A C++ programmer might call it a function or sometimes method (depending on if they are writing procedural style c++ code or are doing object oriented way of C++, also a C/C++ only programmer would likely call it a function because term 'method' is less often used in C/C++ literature).
You use a function by just calling it's name like,
result = mySum(num1, num2);
You would call a method by referencing its object first like,
result = MyCalc.mySum(num1,num2);
Function is a set of logic that can be used to manipulate data.
While, Method is function that is used to manipulate the data of the object where it belongs.
So technically, if you have a function that is not completely related to your class but was declared in the class, its not a method; It's called a bad design.
In OO languages such as Object Pascal or C++, a "method" is a function associated with an object. So, for example, a "Dog" object might have a "bark" function and this would be considered a "Method". In contrast, the "StrLen" function stands alone (it provides the length of a string provided as an argument). It is thus just a "function." Javascript is technically Object Oriented as well but faces many limitations compared to a full-blown language like C++, C# or Pascal. Nonetheless, the distinction should still hold.
A couple of additional facts: C# is fully object oriented so you cannot create standalone "functions." In C# every function is bound to an object and is thus, technically, a "method." The kicker is that few people in C# refer to them as "methods" - they just use the term "functions" because there isn't any real distinction to be made.
Finally - just so any Pascal gurus don't jump on me here - Pascal also differentiates between "functions" (which return a value) and "procedures" which do not. C# does not make this distinction explicitly although you can, of course, choose to return a value or not.
Methods on a class act on the instance of the class, called the object.
class Example
{
public int data = 0; // Each instance of Example holds its internal data. This is a "field", or "member variable".
public void UpdateData() // .. and manipulates it (This is a method by the way)
{
data = data + 1;
}
public void PrintData() // This is also a method
{
Console.WriteLine(data);
}
}
class Program
{
public static void Main()
{
Example exampleObject1 = new Example();
Example exampleObject2 = new Example();
exampleObject1.UpdateData();
exampleObject1.UpdateData();
exampleObject2.UpdateData();
exampleObject1.PrintData(); // Prints "2"
exampleObject2.PrintData(); // Prints "1"
}
}
Since you mentioned Python, the following might be a useful illustration of the relationship between methods and objects in most modern object-oriented languages. In a nutshell what they call a "method" is just a function that gets passed an extra argument (as other answers have pointed out), but Python makes that more explicit than most languages.
# perfectly normal function
def hello(greetee):
print "Hello", greetee
# generalise a bit (still a function though)
def greet(greeting, greetee):
print greeting, greetee
# hide the greeting behind a layer of abstraction (still a function!)

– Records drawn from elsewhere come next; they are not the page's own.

-- ===== src/Shell/Token.antt =====
-- `gettoken` and `peek` (sh.c). What is left of the input, from `*ps` up to `es`, is a list of characters
-- that are not 0; at its end stands a 0.
use assignment.Prelude.{ℕ, Bool, true, false, ◌||◌, List, [], ◌∷◌, ◌==◌, if◌then◌else◌}

-- `strchr(set, c)` with `c` not 0
unfoldable pub has : List ℕ → ℕ → Bool
has [] c = false
has (a ∷ set) c = if a == c then true else has set c

-- " \t\r\n\v" and "<|>&;()"
abbrev pub whitespace : List ℕ
whitespace = 32 ∷ 9 ∷ 13 ∷ 10 ∷ 11 ∷ []

abbrev pub symbols : List ℕ
symbols = 60 ∷ 124 ∷ 62 ∷ 38 ∷ 59 ∷ 40 ∷ 41 ∷ []

-- `while(s < es && strchr(whitespace, *s)) s++;`
unfoldable pub skip_space : List ℕ → List ℕ
skip_space [] = []
skip_space (c ∷ s) = let rest = skip_space s in if has whitespace c then rest else c ∷ s

-- The loop over the characters of a word: the word and what is left.
unfoldable pub word : List ℕ → List ℕ × List ℕ
word [] = ([], [])
word (c ∷ s) =
    let rest = word s in
    if has whitespace c || has symbols c then ([], c ∷ s) else (c ∷ rest.0, rest.1)

-- A token: what `gettoken` returns, the characters from `q` to `eq`, and what is left.
pub record Token : Type 0 where
  pub kind : ℕ
  pub text : List ℕ
  pub rest : List ℕ

-- A '>', or '>>', whose kind is '+'.
unfoldable pub after_greater : List ℕ → Token
after_greater [] = record { kind = 62; text = 62 ∷ []; rest = [] }
after_greater (c ∷ s) =
    if c == 62
    then record { kind = 43; text = 62 ∷ 62 ∷ []; rest = s }
    else record { kind = 62; text = 62 ∷ []; rest = c ∷ s }

-- The `switch` of `gettoken`, at a character that is not white space.
unfoldable pub token_at : List ℕ → Token
token_at [] = record { kind = 0; text = []; rest = [] }
token_at (c ∷ s) =
    if c == 62
    then after_greater s
    else (if has symbols c
        then record { kind = c; text = c ∷ []; rest = s }
        else record { kind = 97; text = (word (c ∷ s)).0; rest = (word (c ∷ s)).1 })

unfoldable pub gettoken : List ℕ → Token
gettoken s = let t = token_at (skip_space s) in record t { rest = skip_space (t.rest) }

-- `*s && strchr(toks, *s)`
unfoldable pub starts : List ℕ → List ℕ → Bool
starts toks [] = false
starts toks (c ∷ s) = has toks c

-- `peek`: whether the input goes on with one of `toks`; it moves over the white space.
unfoldable pub peek : List ℕ → List ℕ → Bool × List ℕ
peek toks s = (starts toks (skip_space s), skip_space s)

def greet_with_greeter(greeter, greetee):
print greeter.greeting, greetee
# very simple class we can pass to greet_with_greeter
class Greeter(object):
def __init__(self, greeting):
self.greeting = greeting
# while we're at it, here's a method that uses self.greeting...
def greet(self, greetee):
print self.greeting, greetee
# save an object of class Greeter for later
hello_greeter = Greeter("Hello")
# now all of the following print the same message
hello("World")
greet("Hello", "World")
greet_with_greeter(hello_greeter, "World")
hello_greeter.greet("World")
Now compare the function greet_with_greeter and the method greet: the only difference is the name of the first parameter (in the function I called it "greeter", in the method I called it "self"). So I can use the greet method in exactly the same way as I use the greet_with_greeter function (using the "dot" syntax to get at it, since I defined it inside a class):
Greeter.greet(hello_greeter, "World")
So I've effectively turned a method into a function. Can I turn a function into a method? Well, as Python lets you mess with classes after they're defined, let's try:
Greeter.greet2 = greet_with_greeter
hello_greeter.greet2("World")
Yes, the function greet_with_greeter is now also known as the method greet2. This shows the only real difference between a method and a function: when you call a method "on" an object by calling object.method(args), the language magically turns it into method(object, args).
(OO purists might argue a method is something different from a function, and if you get into advanced Python or Ruby - or Smalltalk! - you will start to see their point. Also some languages give methods special access to bits of an object. But the main conceptual difference is still the hidden extra parameter.)
for me:
the function of a method and a function is the same if I agree that:
a function may return a value
may expect parameters
Just like any piece of code you may have objects you put in and you may have an object that comes as a result. During doing that they might change the state of an object but that would not change their basic functioning for me.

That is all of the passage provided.